The pair contrasted the current investment market with times past, as Linneman noted that 10 to 15 years ago, "$200 million was a big fund" when there were no large REITs and no global dollars, but that now a $400-million-plus fund was considered a "niche" fund, among global investment capital and huge REITs. Zell was skeptical about the future of this competition, feeling that the 70s and 90s were the norm in terms of investment and that the current volume of capital was more of an anomaly than an ongoing trend.

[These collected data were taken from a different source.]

-- ===== src/Protocol/Messages/RoundTrip.antt =====
-- rci/protocols/messages.py: the codecs of acknowledgements, emergency stops and heartbeats.
use robotic_character_interf.Base.{
  ◌++◌, ◌∙◌, sym, ℕ, ◌%◌, ◌/◌, ◌↔◌, ◌≡◌, refl, ap, Option, none, some, List, [], ◌∷◌, arith,
}
use robotic_character_interf.Protocol.Messages.Control.{
  heartbeat_of, Heartbeat, decode_estop, decode_heartbeat, decode_ack, EmergencyStop, encode_ack,
  Acknowledgement, encode_estop, encode_heartbeat,
}
use robotic_character_interf.Protocol.Constants.{
  EstopReason, WireSystemState, DeviceSource, AckStatus, reason_value, wire_state_value,
  status_value, source_value, status_of_value, source_of_value, wire_state_of_value,
  reason_of_value,
}
use robotic_character_interf.Base.Lists.{All}
use robotic_character_interf.Protocol.Checksum.Detection.{IsByte}
use robotic_character_interf.Protocol.Framing.{ok}
use robotic_character_interf.Protocol.Messages.{unpack_u32, require_uint}
use robotic_character_interf.Protocol.Messages.Fields.{
  ok-injective, unpack_u32-pack, pack_u32-unpack, require_uint_ok, require_uint_of_bounds, after_ok,
}
use robotic_character_interf.Base.Int.{pos_part, pos}

pub status_of_value-value : (s : AckStatus) → status_of_value (status_value s) ≡ some s
unfolding status_of_value status_value
status_of_value-value s = ground arith

pub status_of_value_lem :
    (raw : ℕ) (s : AckStatus) → status_of_value raw ≡ some s → raw ≡ status_value s
unfolding status_of_value status_value
status_of_value_lem raw s e = ground arith

source_of_value-value : (s : DeviceSource) → source_of_value (source_value s) ≡ some s
unfolding source_of_value source_value
source_of_value-value s = ground arith

source_of_value_lem :
    (raw : ℕ) (s : DeviceSource) → source_of_value raw ≡ some s → raw ≡ source_value s
unfolding source_of_value source_value
source_of_value_lem raw s e = ground arith

reason_of_value-value : (r : EstopReason) → reason_of_value (reason_value r) ≡ some r
unfolding reason_of_value reason_value
reason_of_value-value r = ground arith

reason_of_value_lem :
    (raw : ℕ) (r : EstopReason) → reason_of_value raw ≡ some r → raw ≡ reason_value r
unfolding reason_of_value reason_value
reason_of_value_lem raw r e = ground arith

pub wire_state_of_value-value :
    (s : WireSystemState) → wire_state_of_value (wire_state_value s) ≡ some s
unfolding wire_state_of_value wire_state_value
wire_state_of_value-value s = ground arith

pub wire_state_of_value_lem :
    (raw : ℕ) (s : WireSystemState) → wire_state_of_value raw ≡ some s → raw ≡ wire_state_value s
unfolding wire_state_of_value wire_state_value
wire_state_of_value_lem raw s e = ground arith

decode_ack-encode :
    (a : Acknowledgement) (bytes : List ℕ) → encode_ack a ≡ ok bytes → decode_ack bytes ≡ ok a
unfolding encode_ack decode_ack require_uint
decode_ack-encode a bytes e = ground (arith, status_of_value-value a.status)

encode_ack-decode :
    (a : Acknowledgement) (bytes : List ℕ)
    → All IsByte bytes
    → decode_ack bytes ≡ ok a
    → encode_ack a ≡ ok bytes
unfolding encode_ack decode_ack require_uint
encode_ack-decode a [] h e = ground arith
encode_ack-decode a (x ∷ []) h e = ground arith
encode_ack-decode a (x ∷ y ∷ []) h e = ground arith
encode_ack-decode a (x ∷ y ∷ z ∷ []) h e = ground (arith, status_of_value_lem z a.status)
encode_ack-decode a (x ∷ y ∷ z ∷ w ∷ rest) h e = ground arith

-- On bytes the acknowledgement codecs are inverse to each other: encoding succeeds with these
-- bytes exactly if decoding them gives the acknowledgement.
pub acknowledgement_iff :
    (a : Acknowledgement) (bytes : List ℕ)
    → All IsByte bytes
    → (encode_ack a ≡ ok bytes) ↔ (decode_ack bytes ≡ ok a)
acknowledgement_iff a bytes h = (decode_ack-encode a bytes, encode_ack-decode a bytes h)

decode_estop-encode : (s : EmergencyStop) → decode_estop (encode_estop s) ≡ ok s
unfolding encode_estop decode_estop
decode_estop-encode s = rw (source_of_value-value s.source, reason_of_value-value s.reason) refl

encode_estop-decode :
    (s : EmergencyStop) (bytes : List ℕ) → decode_estop bytes ≡ ok s → encode_estop s ≡ bytes
unfolding encode_estop decode_estop
encode_estop-decode s [] e = ground arith
encode_estop-decode s (x ∷ []) e = ground arith
encode_estop-decode s (x ∷ y ∷ []) e =
    ground (arith, source_of_value_lem x s.source, reason_of_value_lem y s.reason)
encode_estop-decode s (x ∷ y ∷ z ∷ rest) e = ground arith

-- The emergency stop codecs are inverse to each other.
pub emergency_stop_iff :
    (s : EmergencyStop) (bytes : List ℕ) → (encode_estop s ≡ bytes) ↔ (decode_estop bytes ≡ ok s)
emergency_stop_iff s bytes =
    ((λ e. ap decode_estop (sym e) ∙ decode_estop-encode s), encode_estop-decode s bytes)

decode_heartbeat-encode :
    (b : Heartbeat) (bytes : List ℕ) → encode_heartbeat b ≡ ok bytes → decode_heartbeat bytes ≡ ok b
unfolding encode_heartbeat decode_heartbeat
decode_heartbeat-encode b bytes e =
    let (checked, sent) = after_ok e in
    let (n, uptime, low, high) = require_uint_ok "uptime_ms" b.uptime_ms 32 0 checked in
    let number : pos (
          unpack_u32 (pos_part b.uptime_ms % 256) (pos_part b.uptime_ms / 256 % 256)
            (pos_part b.uptime_ms / 65536 % 256) (pos_part b.uptime_ms / 16777216))
        ≡ b.uptime_ms =
      ap pos (unpack_u32-pack (pos_part b.uptime_ms))
      ∙ ap (λ t. pos (pos_part t)) uptime
      ∙ sym uptime in
    ap decode_heartbeat (sym (ok-injective sent))
    ∙ rw (source_of_value-value b.source, wire_state_of_value-value b.state)
        (ap (λ t. ok (record { source = b.source; uptime_ms = t; state = b.state })) number)

-- The construction succeeds only where both values are known.
heartbeat_of_ok :
    (source : Option DeviceSource) (uptime : ℕ) (state : Option WireSystemState) (b : Heartbeat)
    → heartbeat_of source uptime state ≡ ok b
    → (source ≡ some b.source) × (b.uptime_ms ≡ pos uptime) × (state ≡ some b.state)
heartbeat_of_ok (some source) uptime (some state) b e = (cc, cc, cc)
heartbeat_of_ok none uptime state b e = ground arith
heartbeat_of_ok (some source) uptime none b e = ground arith

encode_heartbeat-decode :
    (b : Heartbeat) (bytes : List ℕ)
    → All IsByte bytes
    → decode_heartbeat bytes ≡ ok b
    → encode_heartbeat b ≡ ok bytes
unfolding encode_heartbeat decode_heartbeat
encode_heartbeat-decode b [] h e = ground arith
encode_heartbeat-decode b (x ∷ []) h e = ground arith
encode_heartbeat-decode b (x ∷ y ∷ []) h e = ground arith
encode_heartbeat-decode b (x ∷ y ∷ z ∷ []) h e = ground arith
encode_heartbeat-decode b (x ∷ y ∷ z ∷ u ∷ []) h e = ground arith
encode_heartbeat-decode b (x ∷ y ∷ z ∷ u ∷ v ∷ []) h e = ground arith
encode_heartbeat-decode b (x ∷ y ∷ z ∷ u ∷ v ∷ w ∷ []) h e =
    let (source, uptime, state) =
      heartbeat_of_ok (source_of_value x) (unpack_u32 y z u v) (wire_state_of_value w) b e in
    rw
      (
        uptime,
        require_uint_of_bounds "uptime_ms" (unpack_u32 y z u v) 32 0 (omega arith)
            (omega (arith, h.1.0, h.1.1.0, h.1.1.1.0, h.1.1.1.1.0)),
        ← source_of_value_lem x b.source source,
        ← wire_state_of_value_lem w b.state state,
      )
      (ap (λ t. ok (x ∷ t ++ w ∷ [])) (pack_u32-unpack y z u v h.1.0 h.1.1.0 h.1.1.1.0))
encode_heartbeat-decode b (x ∷ y ∷ z ∷ u ∷ v ∷ w ∷ o ∷ rest) h e = ground arith

-- On bytes the heartbeat codecs are inverse to each other: encoding succeeds with these bytes
-- exactly if decoding them gives the heartbeat.
pub heartbeat_iff :
    (b : Heartbeat) (bytes : List ℕ)
    → All IsByte bytes
    → (encode_heartbeat b ≡ ok bytes) ↔ (decode_heartbeat bytes ≡ ok b)
heartbeat_iff b bytes h = (decode_heartbeat-encode b bytes, encode_heartbeat-decode b bytes h)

"One of the great overstatements in history is that real estate is inflation protection," Zell commented. "It was, is and always will be supply and demand." The opportunity investor felt that the market was simply in a "demand recession." An opportunity for growth, Linneman pointed out, would be the current "unformed households;" young adults and college graduates that were forced to move back with their parents because of the economy and lack of jobs. The UPenn professor said that as that economy turned around, there would be an "explosion" from that group seeking housing. Zell slightly disagreed about the impact it would have, saying that the boom would be slowed by lack of housing.
"But multifamily will absorb some of that," Linneman countered. Zell doubted Linneman's veracity, responding in kind with an expletive summing up his position, further elaborating that roughly 60,000 units were added this year, which hardly covered the surging population. "Multifamily can get truly long-term financing," Linneman pointed out. However, as Zell noted, there was not enough on the market for opportunity.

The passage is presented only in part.